Part of the problem results from the sheer volume of data. But the volume alone is not making the problem a very complex one. Instead, it is the unstructured nature of the data which makes it challenging to tackle with any traditional means of analytics. It is a challenge to find meaning in a data that is text-heavy.
This situation is where automated text analytics is brought in: it can help in sorting out the key topics talked about and reveal the general sentiment per topic.
What is Text analytics (Text Mining)?
…and why is it so relevant in the context of customer feedback analytics?
Text analytics includes a set of techniques that structure information arriving in text format— in this case, free text customer feedback. The purpose is to convert unstructured text into meaningful structured data to support business analysis and decision making. A topic analysis reveals topics that are most talked about.
Sentiment analysis involves analyzing subjective material and extracting attitudinal information. Simple sentiment analysis divides the sentiment into three buckets: a sentence can be positive, neutral or negative. Machine learning technologies can detect the degree of sentiment as well: if someone hates your product, the negative sentiment is stronger than if he just dislikes it. Similarly, if someone loves your customer service personnel, the positive sentiment is stronger than if they just feel it’s good.

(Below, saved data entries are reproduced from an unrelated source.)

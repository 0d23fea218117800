-- ===== src/Orders/Lifecycle.antt =====
-- The calls of the order service as steps on its tables, and the invariant of the tables.
use Prim.Native.String.{String}
use text.Mathlib.Text.{◌==◌ as same_text}
use text.Mathlib.TextPositions.{eq_refl}
use tradedrift.Base.{
  ℕ, ◌+◌, ◌≤◌, ◌<◌, ◌≡◌, refl, sym, subst, Option, none, some, true, false, List, [], ◌∷◌, ◌++◌,
  All, All-append, All-map, arith, leb, leb→le, leb_false→lt, if◌then◌else◌, any_row, Bool-cases,
  inl, inr,
}
use tradedrift.Base.Outcomes.{Outcome, ok, failed}
use tradedrift.Base.Swaps.{
  Unique, Unique-append, Unique-Swaps, Swaps, Swaps-All, any_row-append, any_row-append_left,
}
use tradedrift.Orders.Table.{
  OrderStatus, open_order, partially_filled, filled, cancelling, cancelled, Order, OrderTables,
  OrderError, is_cancellable, is_unsettled,
}
use tradedrift.Orders.Repository.{
  create_order, update_status_to_cancelling, start_cancel, enqueue_release, fill_row, fill_status,
  apply_trade_fill, cancel_row, mark_order_cancelled, absent_row, reconcile_absent_order,
}

-- A call on the orders; `P` is the type of the payloads.
pub data OrderCall (P : Type 0) : Type 0 where
  create_call : Order → Option P → OrderCall P
  cancel_call : Order → P → OrderCall P
  fill_call : String → Option String → Option String → Option ℕ → OrderCall P
  cancelled_call : String → OrderCall P
  absent_call : String → OrderCall P

abbrev pub committed :
    {P : Type 0} → Outcome OrderError (OrderTables P) → OrderTables P → OrderTables P
committed (ok db) before = db
committed (failed e) before = before

abbrev pub written : {P : Type 0} → Option (OrderTables P) → OrderTables P → OrderTables P
written (some db) before = db
written none before = before

unfoldable pub perform : {P : Type 0} → OrderCall P → OrderTables P → OrderTables P
perform (create_call o payload) db = committed (create_order o payload db) db
perform (cancel_call o payload) db = committed (update_status_to_cancelling o payload db) db
perform (fill_call trade buy sell quantity) db =
    committed (apply_trade_fill trade buy sell quantity db) db
perform (cancelled_call id) db = written (mark_order_cancelled id db) db
perform (absent_call id) db = written (reconcile_absent_order id db) db

unfoldable pub perform_all : {P : Type 0} → List (OrderCall P) → OrderTables P → OrderTables P
perform_all [] db = db
perform_all (c ∷ cs) db = perform_all cs (perform c db)

-- A status against the filled and the remaining quantity.
abbrev pub Fits : OrderStatus → ℕ → ℕ → Type 0
Fits open_order done left = done ≡ 0
Fits filled done left = left ≡ 0
Fits _ done left = 0 < left

-- A row: its quantity is its filled and its remaining part, and its status fits them.
abbrev pub IsConsistent : Order → Type 0
IsConsistent o =
    (o.quantity ≡ o.filled_quantity + o.remaining_quantity)
    × (0 < o.quantity)
    × Fits o.status o.filled_quantity o.remaining_quantity

-- The order waits for its release, if it is filled or cancelled.
abbrev pub IsQueued : List String → Order → Type 0
IsQueued releases o = is_unsettled o.status ≡ false → any_row (same_text o.id) releases ≡ true

abbrev pub order_key : Order → String
order_key o = o.id

pub record GoodOrders (orders : List Order) (releases : List String) : Type 0 where
  pub ids : Unique order_key orders
  pub consistent : All IsConsistent orders
  pub queued : All (IsQueued releases) orders

abbrev pub Good : {P : Type 0} → OrderTables P → Type 0
Good db = GoodOrders db.orders db.wallet_releases

-- The row of an order as PlaceOrder makes it.
pub record IsNew (o : Order) : Type 0 where
  pub unfilled : o.filled_quantity ≡ 0
  pub whole : o.remaining_quantity ≡ o.quantity
  pub positive : 0 < o.quantity
  pub opened : o.status ≡ open_order

abbrev pub IsAllowed : {P : Type 0} → OrderCall P → Type 0
IsAllowed (create_call o payload) = IsNew o
IsAllowed _ = Unit

pub enqueue_holds :
    (id : String) (releases : List String)
    → any_row (same_text id) (enqueue_release id releases) ≡ true
unfolding enqueue_release
enqueue_holds id releases = elim (Bool-cases (any_row (same_text id) releases)) [
  | inl t ↦ rw t t
  | inr n ↦ rw n (any_row-append (same_text id) releases id (eq_refl id))
]

pub enqueue_keeps :
    (id other : String) (releases : List String)
    → any_row (same_text other) releases ≡ true
    → any_row (same_text other) (enqueue_release id releases) ≡ true
unfolding enqueue_release
enqueue_keeps id other releases h = elim (Bool-cases (any_row (same_text id) releases)) [
  | inl t ↦ rw t h
  | inr n ↦ rw n (any_row-append_left (same_text other) releases id h)
]

-- One order is replaced by a row of its id.
pub swapped-GoodOrders :
    {x y : Order} {orders orders' : List Order} (releases releases' : List String)
    → y.id ≡ x.id
    → Swaps x y orders orders'
    → IsConsistent y
    → IsQueued releases' y
    → ((id : String)
        → any_row (same_text id) releases ≡ true
        → any_row (same_text id) releases' ≡ true)
    → GoodOrders orders releases
    → GoodOrders orders' releases'
swapped-GoodOrders {orders = orders} releases releases' same s fits queued more good = record {
  ids = Unique-Swaps order_key same s good.ids;
  consistent = Swaps-All IsConsistent s fits good.consistent;
  queued = Swaps-All (IsQueued releases') s queued (
      All-map (IsQueued releases) (IsQueued releases') orders (λ o h u. more o.id (h u))
        good.queued);
}

-- A new order at the end.
pub created-GoodOrders :
    (o : Order) (orders : List Order) (releases : List String)
    → IsNew o
    → All (λ x. same_text x.id o.id ≡ false) orders
    → GoodOrders orders releases
    → GoodOrders (orders ++ (o ∷ [])) releases
created-GoodOrders o orders releases new fresh good = record {
  ids = Unique-append order_key o orders good.ids fresh;
  consistent = All-append IsConsistent orders (o ∷ []) good.consistent (
    (
      omega (arith, new.unfilled, new.whole),
      new.positive,
      subst (λ s. Fits s o.filled_quantity o.remaining_quantity) (sym new.opened) new.unfilled,
    ),
    tt,
  );
  queued =
      All-append (IsQueued releases) orders (o ∷ []) good.queued ((λ u. cc (new.opened, u)), tt);
}

-- An order that is not settled has something left.
left_over :
    (s : OrderStatus) (quantity done left : ℕ)
    → is_unsettled s ≡ true
    → quantity ≡ done + left
    → 0 < quantity
    → Fits s done left
    → 0 < left
left_over open_order quantity done left u e p f = omega (arith, e, p, f)
left_over partially_filled quantity done left u e p f = f
left_over filled quantity done left u e p f = cc
left_over cancelling quantity done left u e p f = f
left_over cancelled quantity done left u e p f = cc

pub cancellable_unsettled : (s : OrderStatus) → is_cancellable s ≡ true → is_unsettled s ≡ true
cancellable_unsettled open_order h = refl
cancellable_unsettled partially_filled h = refl
cancellable_unsettled filled h = cc
cancellable_unsettled cancelling h = cc
cancellable_unsettled cancelled h = cc

pub cancel_row-IsConsistent :
    (o : Order) → is_unsettled o.status ≡ true → IsConsistent o → IsConsistent (cancel_row o)
cancel_row-IsConsistent o u h = (h.0, h.1, left_over o.status o.quantity _ _ u h.0 h.1 h.2)

pub start_cancel-IsConsistent :
    (o : Order) → is_cancellable o.status ≡ true → IsConsistent o → IsConsistent (start_cancel o)
start_cancel-IsConsistent o u h =
    (h.0, h.1, left_over o.status o.quantity _ _ (cancellable_unsettled o.status u) h.0 h.1 h.2)

pub absent_row-IsConsistent :
    (o : Order) → is_unsettled o.status ≡ true → IsConsistent o → IsConsistent (absent_row o)
absent_row-IsConsistent o u h = elim (Bool-cases (leb o.quantity o.filled_quantity)) [
  | inl t ↦ rw t (omega (arith, h.0, leb→le o.quantity o.filled_quantity t), h.1, refl)
  | inr n ↦ rw n (h.0, h.1, left_over o.status o.quantity _ _ u h.0 h.1 h.2)
]

capped : (most n : ℕ) → n ≤ most → (if leb most n then most else n) ≡ n
capped most n h = ground arith

fill_status-Fits : (s : OrderStatus) (done left : ℕ) → 0 < left → Fits (fill_status s) done left
fill_status-Fits open_order done left h = h
fill_status-Fits partially_filled done left h = h
fill_status-Fits filled done left h = h
fill_status-Fits cancelling done left h = h
fill_status-Fits cancelled done left h = h

pub fill_row-IsConsistent :
    (quantity : ℕ) (o : Order)
    → quantity ≤ o.remaining_quantity
    → IsConsistent o
    → IsConsistent (fill_row quantity o)
unfolding fill_row
fill_row-IsConsistent quantity o enough h =
    rw (capped o.quantity (o.filled_quantity + quantity) (omega (arith, h.0, enough))) (
      omega (arith, h.0, enough),
      h.1,
      elim (Bool-cases (leb o.remaining_quantity quantity)) [
        | inl t ↦ rw t (omega (arith, leb→le o.remaining_quantity quantity t))
        | inr n ↦ rw n (
            fill_status-Fits o.status _ _
              (omega (arith, leb_false→lt o.remaining_quantity quantity n)))
      ],
    )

If you do text analytics in the context of customer feedback, what you typically get is topic volumes and volume trends and a sentiment for each topic.
The analysis can e.g. reveal that in March 35% of the feedback was about your customer service personnel and 70% of that feedback was positive. The results can look like this:
If there is a lot of data, the categorization can be a very detailed one: instead of personnel the categories can separate customer support personnel from sales personnel or divide the feedback about personnel in comments about their behavior, knowledgeability, responsiveness etc.
Careful and well-implemented text analytics can easily reveal dozens of improvement ideas. Based on the text analytics you would know that the people talk negatively about your customer service response times, the info available on your website, the attitude of your sales personnel, the features of your latest product release etc.
But the management doesn’t care about all the 100 things that someone is complaining about.
They need to know what are the top-3 improvement needs. Which one should be tackled first? Is it important enough to justify the cost related?
Basic text analytics is helpful, but it is not enough. Frequencies and volumes (what is being talked about) do not fully reveal how important things are. Even if you know the sentiment (if the feedback is positive or negative) you still don’t know how important things are. Shortly, the results are not actionable.
Read more about the role of Artificial Intelligence in text analytics.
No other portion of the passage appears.